Pour attester de l’efficacité de la méthode, Jean-Brice de Turkheim s’appuie sur les observations qu’il a pu faire ces dernières années : "avant on perdait jusqu’à 250 faons sur 10.000 hectares chaque année. Cette année, sur 4000 hectares, je ne déplore la perte que d’un seul animal".

Une obligation en Allemagne

Outre-Rhin, ce recours au drone avant labour est déjà largement développé, voire obligatoire. En Suisse, les premiers survols de champs ont été réalisés avec le concours d’associations regroupant chasseurs, agriculteurs et pilotes de drones. 
 

En Allemagne, on estime à plus de 100.000 le nombre de faons tués chaque année au moment des moissons.
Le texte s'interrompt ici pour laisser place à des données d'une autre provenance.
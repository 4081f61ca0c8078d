-- ===== src/PullRequest/Distinct.antt =====
-- pr/keyparse.go: no key is listed twice.
use spec_powers.Prelude.{ℕ, ◌≡◌, refl, false, List, [], ◌∷◌, any, All, arith, Bool-cases, inl, inr}
use spec_powers.PullRequest.Keys.{
  Key, key_text, same_text, distinct_keys, find_all, issue_key, verb_then_key, close_verbs,
  extract_issue_keys, parse_close_intents,
}

abbrev pub Distinct : List (List ℕ) → Type 0
Distinct [] = Unit
Distinct (k ∷ keys) = (any (same_text k) keys ≡ false) × Distinct keys

same_text_comm : (xs ys : List ℕ) → same_text xs ys ≡ same_text ys xs
same_text_comm [] [] = refl
same_text_comm [] (y ∷ ys) = refl
same_text_comm (x ∷ xs) [] = refl
same_text_comm (x ∷ xs) (y ∷ ys) = ground (arith, same_text_comm xs ys)

apart :
    (k : List ℕ) (seen keys : List (List ℕ))
    → All (λ x. any (same_text x) (k ∷ seen) ≡ false) keys
    → (any (same_text k) keys ≡ false) × All (λ x. any (same_text x) seen ≡ false) keys
apart k seen [] hs = (refl, tt)
apart k seen (x ∷ keys) (h, hs) =
    let (one, others) = apart k seen keys hs in
    (ground (arith, h, one, same_text_comm x k), (ground (arith, h), others))

distinct_keys-Distinct :
    (seen : List (List ℕ)) (keys : List Key)
    → All (λ x. any (same_text x) seen ≡ false) (distinct_keys seen keys)
      × Distinct (distinct_keys seen keys)
unfolding distinct_keys
distinct_keys-Distinct seen [] = (tt, tt)
distinct_keys-Distinct seen (k ∷ keys) = elim (Bool-cases (any (same_text (key_text k)) seen)) [
  | inl e ↦ rw e (distinct_keys-Distinct seen keys)
  | inr e ↦
      let (fresh, rest) = distinct_keys-Distinct (key_text k ∷ seen) keys in
      let (one, others) = apart (key_text k) seen (distinct_keys (key_text k ∷ seen) keys) fresh in
      rw e ((e, others), (one, rest))
]

-- ExtractIssueKeys and ParseCloseIntents list no key twice.
pub extract_issue_keys-Distinct :
    (text : List ℕ) → Distinct (extract_issue_keys text) × Distinct (parse_close_intents text)
unfolding extract_issue_keys parse_close_intents
extract_issue_keys-Distinct text =
    let (_, keys) = distinct_keys-Distinct [] (find_all issue_key 0 false text) in
    let (_, intents) =
      distinct_keys-Distinct [] (find_all (verb_then_key close_verbs) 0 false text) in
    (keys, intents)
Pour enrayer le phénomène, les agriculteurs allemands ont l’obligation de s’assurer de l’absence de tout animal dans les prés avant de faire passer la faucheuse. Au risque de s’exposer à une amende de 3.000 euros s’ils ne le font pas. Ils s’appuient pour cela sur des chasseurs bénévoles équipés de drones. Le ministère allemand de l’agriculture a déployé 3 millions d’euros pour qu’ils puissent faire l’acquisition des machines.

Les agriculteurs alsaciens circonspects

Une telle mesure pourrait-elle être appliquée en France ? Vu d’Alsace, ni les chasseurs ni les agriculteurs ne souhaitent en arriver à cette obligation. D’autant que certains exploitants - pourtant désireux de protéger la faune - émettent des réserves sur le recours aux drones. "Ce n’est pas une technique efficace à 100%, estime Franck Sander, le président de la FDSEA (Fédération départementale des syndicats d'exploitants agricoles) du Bas-Rhin. Il faut être très réactif pendant la période des moissons, notamment à cause des caprices de la pluie. Quand on décide de faucher, on ne peut pas attendre qu’un chasseur ait le temps de venir survoler le champ avec un drone. Et s’il passe plusieurs heures avant la fauche, cela peut être inutile car entre-temps, un autre animal peut venir se cacher. Pour bien faire, il faudrait autant de drones que d’agriculteurs, or ce n’est pas possible".

D’autres méthodes sont déjà utilisées par les agriculteurs, comme l’installation de barres effaroucheuses sur les machines ou des caméras thermiques en cours de développement pour équiper les tracteurs. "Il y a aussi des techniques de fauche qui limitent les risques, ajoute Franck Sander. Moissonner son champ à partir de l’intérieur, depuis le milieu et on élargit le cercle au fur et à mesure. Comme ça les animaux ne sont pas pris au piège, on peut les repérer et arrêter la machine à temps."

L’exemple franc-comtois

Pour avancer dans leurs réflexions, chasseurs et agriculteurs pourront s’inspirer de la Franche-Comté. Dans le Doubs, la Haute-Saône, le Territoire de Belfort et le Jura, les fédérations départementales de chasseurs ont toutes investi en début d'année dans des drones, financés en grande partie grâce à une subvention de l’Office français de la biodiversité.